| Try it |
Every line from the one with "unfoldable pub get_bucket" to the one with "unfoldable pub process", including those two, is to be copied exactly; all other lines of the entries below are left out.

[Records from a data collection]
========================

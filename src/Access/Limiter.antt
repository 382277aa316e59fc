-- ===== src/Access/Limiter.antt =====
-- `TokenBucket`, `RateLimiterStore` and `rateLimiterMiddleware.Process` (internal/transport/http/middleware.go).
-- Instants are nanoseconds of the monotonic clock. The code computes in float64: here tokens are whole numbers
-- of 10⁻⁹ tokens, `refill` is the whole number of tokens per second, and sums and products are exact.
pub mod Bucket
pub mod Stores
pub mod Bounds
use release_engine.Prelude.{
  [], ℕ, String, Bool, true, false, Option, none, some, ◌+◌, ◌-◌, ◌*◌, ◌/◌, leb, ltb, eqb,
  if◌then◌else◌, Dict, lookup, insert,
}

pub record TokenBucket : Type 0 where
  pub tokens : ℕ
  pub capacity : ℕ
  pub refill : ℕ
  pub last_refill : ℕ

pub record RateLimiterStore : Type 0 where
  pub buckets : Dict TokenBucket
  pub capacity : ℕ
  pub refill : ℕ

abbrev pub one_token : ℕ
one_token = 1_000_000_000

-- `NewRateLimiterStore`
abbrev pub new_rate_limiter_store : ℕ → ℕ → RateLimiterStore
new_rate_limiter_store capacity refill = record {
  buckets = [];
  capacity = capacity;
  refill = refill;
}

-- `GetBucket`, at the instant that a new bucket takes.
unfoldable pub get_bucket : ℕ → String → RateLimiterStore → RateLimiterStore × TokenBucket
get_bucket now tenant st = elim (lookup tenant st.buckets) [
  | some b ↦ (st, b)
  | none ↦
      let b : TokenBucket = record {
        tokens = st.capacity;
        capacity = st.capacity;
        refill = st.refill;
        last_refill = now;
      } in
      (record st { buckets = insert tenant b st.buckets }, b)
]

-- The tokens at `now`.
unfoldable pub refilled : ℕ → TokenBucket → ℕ
refilled now b =
    let tokens = b.tokens + b.refill * (now - b.last_refill) in
    if ltb b.capacity tokens then b.capacity else tokens

-- `Consume`
unfoldable pub consume : ℕ → TokenBucket → TokenBucket × Bool
unfolding refilled
consume now b =
    let tokens = refilled now b in
    if leb one_token tokens
    then (record b { tokens = tokens - one_token; last_refill = now }, true)
    else (record b { tokens = tokens; last_refill = now }, false)

-- `RemainingTokens`
unfoldable pub remaining_tokens : ℕ → TokenBucket → ℕ
unfolding refilled
remaining_tokens now b = refilled now b

-- `RetryAfter`; `none` is what `int` makes of the infinity that a division by a zero refill is.
unfoldable pub retry_after : TokenBucket → Option ℕ
retry_after b =
    if leb one_token b.tokens
    then some 0
    else if eqb b.refill 0
    then none
    else some ((one_token - b.tokens) / (b.refill * one_token) + 1)

-- The next handler runs, or the answer is 429 with its header Retry-After.
pub data Verdict : Type 0 where
  passed : Verdict
  limited : (retry : Option ℕ) → Verdict

-- The value of the context under `tenant_id`, where it is a text.
abbrev pub tenant_or_default : Option String → String
tenant_or_default none = "default"
tenant_or_default (some tenant) = tenant

-- `Process`, which reads the clock for a new bucket and for the consumption.
unfoldable pub process :
    (opened now : ℕ) → Option String → RateLimiterStore → RateLimiterStore × Verdict
process opened now tenant st =
    let (held, b) = get_bucket opened (tenant_or_default tenant) st in
    let (b', taken) = consume now b in
    (
      record held { buckets = insert (tenant_or_default tenant) b' held.buckets },
      if taken then passed else limited (retry_after b'),
    )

========================

| Written reply |
unfoldable pub get_bucket : ℕ → String → RateLimiterStore → RateLimiterStore × TokenBucket
get_bucket now tenant st = elim (lookup tenant st.buckets) [
  | some b ↦ (st, b)
  | none ↦
      let b : TokenBucket = record {
        tokens = st.capacity;
        capacity = st.capacity;
        refill = st.refill;
        last_refill = now;
      } in
      (record st { buckets = insert tenant b st.buckets }, b)
]

-- The tokens at `now`.
unfoldable pub refilled : ℕ → TokenBucket → ℕ
refilled now b =
    let tokens = b.tokens + b.refill * (now - b.last_refill) in
    if ltb b.capacity tokens then b.capacity else tokens

-- `Consume`
unfoldable pub consume : ℕ → TokenBucket → TokenBucket × Bool
unfolding refilled
consume now b =
    let tokens = refilled now b in
    if leb one_token tokens
    then (record b { tokens = tokens - one_token; last_refill = now }, true)
    else (record b { tokens = tokens; last_refill = now }, false)

-- `RemainingTokens`
unfoldable pub remaining_tokens : ℕ → TokenBucket → ℕ
unfolding refilled
remaining_tokens now b = refilled now b

-- `RetryAfter`; `none` is what `int` makes of the infinity that a division by a zero refill is.
unfoldable pub retry_after : TokenBucket → Option ℕ
retry_after b =
    if leb one_token b.tokens
    then some 0
    else if eqb b.refill 0
    then none
    else some ((one_token - b.tokens) / (b.refill * one_token) + 1)

-- The next handler runs, or the answer is 429 with its header Retry-After.
pub data Verdict : Type 0 where
  passed : Verdict
  limited : (retry : Option ℕ) → Verdict

-- The value of the context under `tenant_id`, where it is a text.
abbrev pub tenant_or_default : Option String → String
tenant_or_default none = "default"
tenant_or_default (some tenant) = tenant

-- `Process`, which reads the clock for a new bucket and for the consumption.
unfoldable pub process :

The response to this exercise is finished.